Pernyataan dukungan itu disampaikan dalam pertemuan di Gedung DPD RI, Jakarta, saat Badan Pekerja Perwujudan Daerah Istimewa Riau (BPP DIR) bersama Lembaga Adat Melayu Riau (LAMR) bersilaturahmi dengan para legislator. Empat senator asal Riau, yakni Abdul Hamid, Sawitri, KH Mursyid, dan Arif, menyampaikan dukungan terbuka. Hal serupa disampaikan dua anggota DPR RI, Hendri Munif dan Syahidan.

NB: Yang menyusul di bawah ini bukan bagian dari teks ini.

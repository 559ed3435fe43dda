-- ===== src/RouteSync.antt =====
-- Route synchronisation: the class `EasyTierRpc` of cloudflare/src/core/rpc.ts. A peer is the number
-- of its connection. Everything that the class calls, the WASM core and the peer's own `encrypt` and
-- `send`, is the interface `RpcHost`, whose operations thread the state of the rest of the program;
-- the map of `RouteSyncState` is the state of this component. The map's key, a JSON text of network
-- name and peer id, is that pair.
pub mod Requests
pub mod Flush
pub mod Expiry
pub mod Effects
mod Tests
use intranet_penetration_clo.Common.{
  ℕ, ◌+◌, String, Bool, true, false, not, ◌&&◌, ◌||◌, Option, none, some, List, [], ◌∷◌, ltb, leb,
  eqb, if◌then◌else◌,
}
use intranet_penetration_clo.Common.Result.{Result, ok, err}
use intranet_penetration_clo.Common.Dict.{Dict, lookup, insert, delete}
use intranet_penetration_clo.Common.Key.{Key, pair_key, text_key, nat_key}
use intranet_penetration_clo.Packet.{Bytes, PacketError, create_packet, server_peer_id}
use intranet_penetration_clo.Packet.PacketType

abbrev pub route_sync_timeout_ms : ℕ
route_sync_timeout_ms = 3_000

abbrev pub route_maintenance_interval_ms : ℕ
route_maintenance_interval_ms = 10_000

pub record RouteSyncState : Type 0 where
  pub peer : ℕ
  pub in_flight : Bool
  pub dirty : Bool
  pub force_full : Bool
  pub sent_at : ℕ
  pub last_completed_at : ℕ

-- `routeSyncKey`
abbrev pub SyncKey : Type 0
SyncKey = String × ℕ

abbrev pub SyncStates : Type 0
SyncStates = Dict SyncKey RouteSyncState

-- What the class is given: the core's operations, and the peer's name, `encrypt` and `send`.
pub record RpcHost : Type 1 where
  pub World : Type 0
  pub Fault : Type 0
  pub key : World → ℕ → SyncKey
  pub core_add_peer : ℕ → World → Result Fault (Unit {0}) × World
  pub core_remove_peer : ℕ → World → World
  pub core_clean_expired : ℕ → World → World
  pub core_handle_request : ℕ → Bytes → ℕ → World → Result Fault Bytes × World
  pub core_handle_response : ℕ → Bytes → ℕ → World → Result Fault Bool × World
  pub core_build_route_update : ℕ → Bool → ℕ → World → Result Fault Bytes × World
  pub encrypt : ℕ → Bytes → World → Result Fault Bytes × World
  pub send : ℕ → Bytes → World → Result Fault (Unit {0}) × World
  pub packet_fault : PacketError → Fault
  pub empty_response : Fault
  pub unknown_result : Option ℕ → Fault

-- A failure of `cleanExpired`.
pub record RouteSyncFailure (Fault : Type 0) : Type 0 where
  pub peer : ℕ
  pub error : Fault

abbrev pub new_state : ℕ → RouteSyncState
new_state peer = record {
  peer = peer;
  in_flight = false;
  dirty = false;
  force_full = false;
  sent_at = 0;
  last_completed_at = 0;
}

abbrev pub state_or_new : ℕ → Option RouteSyncState → RouteSyncState
state_or_new peer none = new_state peer
state_or_new peer (some st) = st

module _ (host : RpcHost) where
  open host use {
    World, Fault, key, core_add_peer, core_remove_peer, core_clean_expired, core_handle_request,
    core_handle_response, core_build_route_update, encrypt, send, packet_fault, empty_response,
    unknown_result,
  }

  unfoldable pub send_encrypted : ℕ → Result Fault Bytes × World → Result Fault (Unit {0}) × World
  send_encrypted peer (ok packet, w) = send peer packet w
  send_encrypted peer (err e, w) = (err e, w)

  unfoldable pub send_clear : ℕ → Result PacketError Bytes → World → Result Fault (Unit {0}) × World
  send_clear peer (ok clear) w = send_encrypted peer (encrypt peer clear w)
  send_clear peer (err e) w = (err (packet_fault e), w)

  unfoldable pub send_control : ℕ → ℕ → Bytes → World → Result Fault (Unit {0}) × World
  unfolding send_clear send_encrypted
  send_control peer packet_type payload w =
      send_clear peer (create_packet server_peer_id (key w peer).1 packet_type payload) w

  -- The `catch` of `flushRouteUpdate`.
  after_send :
      RouteSyncState
      → Bool
      → Result Fault (Unit {0}) × World
      → Result Fault (Unit {0}) × RouteSyncState × World
  after_send st force_full (ok _, w) = (ok tt, st, w)
  after_send st force_full (err e, w) = (
    err e,
    record st { in_flight = false; dirty = true; force_full = st.force_full || force_full },
    w,
  )

  -- From the call of the core on, with the flags already cleared.
  after_build :
      RouteSyncState
      → Bool
      → ℕ
      → Result Fault Bytes × World
      → Result Fault (Unit {0}) × RouteSyncState × World
  after_build st force_full now (ok packet, w) =
      after_send (record st { in_flight = true; sent_at = now }) force_full
        (send_control st.peer PacketType.rpc_req packet w)
  after_build st force_full now (err e, w) = (err e, st, w)

  unfoldable pub flush_route_update :
      RouteSyncState → ℕ → World → Result Fault (Unit {0}) × RouteSyncState × World
  unfolding after_build after_send
  flush_route_update st now w =
      if st.in_flight || (not st.dirty && not st.force_full)
      then (ok tt, st, w)
      else after_build (record st { dirty = false; force_full = false }) st.force_full now
          (core_build_route_update st.peer st.force_full now w)

  -- Writes back the state object that a flush has changed in place.
  abbrev pub store :
      SyncKey
      → SyncStates
      → Result Fault (Unit {0}) × RouteSyncState × World
      → Result Fault (Unit {0}) × SyncStates × World
  store k states (r, st, w) = (r, insert k st states, w)

  unfoldable pub send_route_update :
      ℕ → Bool → ℕ → SyncStates → World → Result Fault (Unit {0}) × SyncStates × World
  send_route_update peer force_full now states w =
      let st = state_or_new peer (lookup (key w peer) states) in
      store (key w peer) states (
        flush_route_update
          (record st { peer = peer; dirty = true; force_full = st.force_full || force_full }) now w)

  -- Once the core has taken the peer, a state that an earlier connection left is dropped.
  abbrev after_add :
      SyncKey
      → SyncStates
      → Result Fault (Unit {0}) × World
      → Result Fault (Unit {0}) × SyncStates × World
  after_add k states (ok _, w) = (ok tt, delete k states, w)
  after_add k states (err e, w) = (err e, states, w)

  unfoldable pub add_peer : ℕ → SyncStates → World → Result Fault (Unit {0}) × SyncStates × World
  add_peer peer states w = after_add (key w peer) states (core_add_peer peer w)

  unfoldable pub remove_peer : ℕ → SyncStates → World → SyncStates × World
  remove_peer peer states w = (delete (key w peer) states, core_remove_peer peer w)

  abbrev pub is_expired : ℕ → RouteSyncState → Bool
  is_expired now st = st.in_flight && not (leb now (st.sent_at + route_sync_timeout_ms))

  abbrev pub failures_of :
      ℕ → Result Fault (Unit {0}) → List (RouteSyncFailure Fault) → List (RouteSyncFailure Fault)
  failures_of peer (ok _) rest = rest
  failures_of peer (err e) rest = record { peer = peer; error = e } ∷ rest

  -- The loop of `cleanExpired` over the map's values.
  unfoldable pub clean_states :
      ℕ → SyncStates → World → List (RouteSyncFailure Fault) × SyncStates × World
  clean_states now [] w = ([], [], w)
  clean_states now ((k, st) ∷ states) w =
      let stale = is_expired now st in
      let flushed =
        flush_route_update (record st { in_flight = false; dirty = true; force_full = true }) now
          w in
      let w' = if stale then flushed.2 else w in
      let rest = clean_states now states w' in
      if stale
      then (failures_of st.peer flushed.0 rest.0, (k, flushed.1) ∷ rest.1, rest.2)
      else (rest.0, (k, st) ∷ rest.1, rest.2)

  unfoldable pub clean_expired :
      ℕ → SyncStates → World → List (RouteSyncFailure Fault) × SyncStates × World
  clean_expired now states w = clean_states now states (core_clean_expired now w)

Pada sore harinya, BPP DIR dan LAMR menggelar pertemuan lanjutan bersama masyarakat Riau di Jakarta. Masih bertempat di Gedung DPD RI, pertemuan itu sekaligus memperkenalkan naskah akademik DIR. Sejumlah organisasi seperti PMRI, PMRJ, Hipemari, Pascasarjana, TMN, hingga perwakilan masyarakat perorangan ikut menyuarakan dukungan.
Anggota DPR RI Hendri Munif menegaskan komitmennya untuk membentuk satuan tugas khusus lintas fraksi guna membahas perwujudan DIR lebih lanjut. Dalam acara tersebut, turut diperkenalkan salam khas DIR berupa dua jempol ke atas, yang digagas Sekjen DPD RI Komjen Pol M. Iqbal SIK MH bergelar Datuk Seri Jaya Perkasa Setia Negeri.
Ketua BPP DIR sekaligus Ketua Umum Dewan Pimpinan Harian LAMR, Datuk Seri Taufik Ikram Jamil, mengapresiasi dukungan para legislator. Ia menilai langkah itu menjadi semangat baru bagi perjuangan mewujudkan DIR.
“Kami bersyukur masyarakat Riau di Jakarta bangga dengan gagasan DIR. Alhamdulillah, naskah akademisnya juga dinilai cukup baik. Dalam kesempatan itu, LAMR juga membagikan buku Tunjuk Ajar Melayu dan Pancung Alas,” ujar Taufik.